Segment Open
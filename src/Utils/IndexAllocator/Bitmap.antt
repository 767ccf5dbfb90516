-- ===== src/Utils/IndexAllocator/Bitmap.antt =====
-- The representation of an index allocator: which bit stands for which index, and what `find` sees.
use native.Mathlib.Decide.{ℕ_discrete}
use rust_root_task_demo.Common.{
  ℕ, zero, suc, ◌+◌, ◌/◌, ◌%◌, ◌<◌, ◌≤◌, ◌≡◌, refl, Option, none, some, arith, length, get_or, set,
  Outcome, ret, read_in_range, length-set, get_or-set_self, get_or-set_ne, length-replicate,
  get_or-replicate, if◌then◌else◌, ◌==◌, ==_self, ==_ne, ==_eq,
}
use rust_root_task_demo.Common.Bits.{bit, bit_le_one}
use rust_root_task_demo.Common.Words.{
  set_bit, clear_bit, test_bit-eq-bit, bit-set_bit, bit-clear_bit,
}
use rust_root_task_demo.Utils.IndexAllocator.{IndexAllocator, find_free, new}

-- 1 if the index is handed out
abbrev pub used : IndexAllocator → ℕ → ℕ
used a i = bit (get_or a.bitmap (i / 8) 0) (i % 8)

pub record IsValid (size : ℕ) (a : IndexAllocator) : Type 0 where
  pub bytes : length a.bitmap ≡ (size + 7) / 8
  pub byte_lt : (j : ℕ) → get_or a.bitmap j 0 < 256

pub new-IsValid : (size : ℕ) → IsValid size (new size)
unfolding new
new-IsValid size = record {
  bytes = length-replicate ((size + 7) / 8) 0;
  byte_lt = λ j. omega (arith, get_or-replicate {A = ℕ} ((size + 7) / 8) j 0);
}

-- What `find` returns: the first free index of a range.
pub data Found (a : IndexAllocator) (i left : ℕ) : Outcome (Option ℕ) → Type 0 where
  all_used : ((j : ℕ) → i ≤ j → j < i + left → used a j ≡ 1) → Found a i left (ret none)
  first_free :
      (k : ℕ)
      → i ≤ k
      → k < i + left
      → used a k ≡ 0
      → ((j : ℕ) → i ≤ j → j < k → used a j ≡ 1)
      → Found a i left (ret (some k))

module _ (size : ℕ) (a : IndexAllocator) (v : IsValid size a) where
  find_free_step :
      (left i : ℕ)
      → i + suc left ≤ size
      → find_free a.bitmap (suc left) i
        ≡ (if used a i == 1 then find_free a.bitmap left (i + 1) else ret (some i))
  unfolding find_free
  find_free_step left i h =
      rw
        (
          read_in_range a.bitmap (i / 8) 0 (omega (arith, v.bytes)),
          test_bit-eq-bit (get_or a.bitmap (i / 8) 0) (i % 8),
        )
        refl

  -- `used a j` at the index that was looked at, and at those after it
  extend :
      {i k : ℕ}
      → used a i ≡ 1
      → ((j : ℕ) → i + 1 ≤ j → j < k → used a j ≡ 1)
      → (j : ℕ) → i ≤ j
      → j < k
      → used a j ≡ 1
  extend {i} u h j p q = elim (ℕ_discrete i j) [ yes e ↦ rw (← e) u | no ne ↦ h j (omega arith) q ]

  Found-next :
      {left i : ℕ} {o : Outcome (Option ℕ)}
      → used a i ≡ 1
      → Found a (i + 1) left o
      → Found a i (suc left) o
  Found-next {left} {i} u (all_used h) = all_used (extend u λ j p q. h j p (omega arith))
  Found-next u (first_free k p q free h) =
      first_free k (omega arith) (omega arith) free (extend u h)

  pub find_free-Found : (left i : ℕ) → i + left ≤ size → Found a i left (find_free a.bitmap left i)
  find_free-Found zero i h = unfold find_free in all_used (λ j p q. absurd (omega arith))
  find_free-Found (suc left) i h = elim (ℕ_discrete (used a i) 1) [
    | yes e ↦
        rw (find_free_step left i h, ==_eq (used a i) 1 e)
          (Found-next e (find_free-Found left (i + 1) (omega arith)))
    | no ne ↦
        rw (find_free_step left i h, ==_ne (used a i) 1 ne)
          (first_free i (omega arith) (omega arith)
            (omega (arith, ne, bit_le_one (get_or a.bitmap (i / 8) 0) (i % 8)))
            (λ j p q. absurd (omega arith)))
  ]

  -- Replacing one byte changes the indices of that byte alone.
  used-set :
      (k j w : ℕ)
      → k < size
      → used (record a { bitmap = set a.bitmap (k / 8) w }) j
        ≡ (if k / 8 == j / 8 then bit w (j % 8) else used a j)
  used-set k j w h = elim (ℕ_discrete (k / 8) (j / 8)) [
    | yes e ↦
        rw (← e, ==_self (k / 8), get_or-set_self a.bitmap (k / 8) w 0 (omega (arith, v.bytes)))
    | no ne ↦ rw (==_ne (k / 8) (j / 8) ne, get_or-set_ne a.bitmap (k / 8) (j / 8) w 0 ne)
  ]

  pub set-IsValid :
      (k w : ℕ) → k < size → w < 256 → IsValid size (record a { bitmap = set a.bitmap (k / 8) w })
  set-IsValid k w h small = record {
    bytes = omega (arith, length-set a.bitmap (k / 8) w, v.bytes);
    byte_lt = λ j. elim (ℕ_discrete (k / 8) j) [
      | yes e ↦ rw (← e, get_or-set_self a.bitmap (k / 8) w 0 (omega (arith, v.bytes))) small
      | no ne ↦ rw (get_or-set_ne a.bitmap (k / 8) j w 0 ne) (v.byte_lt j)
    ];
  }

  abbrev pub byte_of : ℕ → ℕ
  byte_of k = get_or a.bitmap (k / 8) 0

  -- The allocator with index `k` marked, and with `k` given back.
  abbrev pub marked : ℕ → IndexAllocator
  marked k = record a { bitmap = set a.bitmap (k / 8) (set_bit (byte_of k) (k % 8)) }

  abbrev pub freed : ℕ → IndexAllocator
  freed k = record a { bitmap = set a.bitmap (k / 8) (clear_bit 8 (byte_of k) (k % 8)) }

  pub used-marked : (k j : ℕ) → k < size → used (marked k) j ≡ (if k == j then 1 else used a j)
  used-marked k j h =
      ground (
        arith,
        used-set k j (set_bit (byte_of k) (k % 8)) h,
        bit-set_bit (byte_of k) (k % 8) (j % 8),
      )

  pub used-freed : (k j : ℕ) → k < size → used (freed k) j ≡ (if k == j then 0 else used a j)
  used-freed k j h = ground (
    arith,
    used-set k j (clear_bit 8 (byte_of k) (k % 8)) h,
    bit-clear_bit 8 (byte_of k) (k % 8) (j % 8) (omega arith) (v.byte_lt (k / 8)),
  )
Segment Closed
• ASSIGNMENT: Search the data for "else". Copy each line that has it.

• TASK ANSWER:
  get_or-replicate, if◌then◌else◌, ◌==◌, ==_self, ==_ne, ==_eq,
        ≡ (if used a i == 1 then find_free a.bitmap left (i + 1) else ret (some i))
        ≡ (if k / 8 == j / 8 then bit w (j % 8) else used a j)
  pub used-marked : (k j : ℕ) → k < size → used (marked k) j ≡ (if k == j then 1 else used a j)
  pub used-freed : (k j : ℕ) → k < size → used (freed k) j ≡ (if k == j then 0 else used a j)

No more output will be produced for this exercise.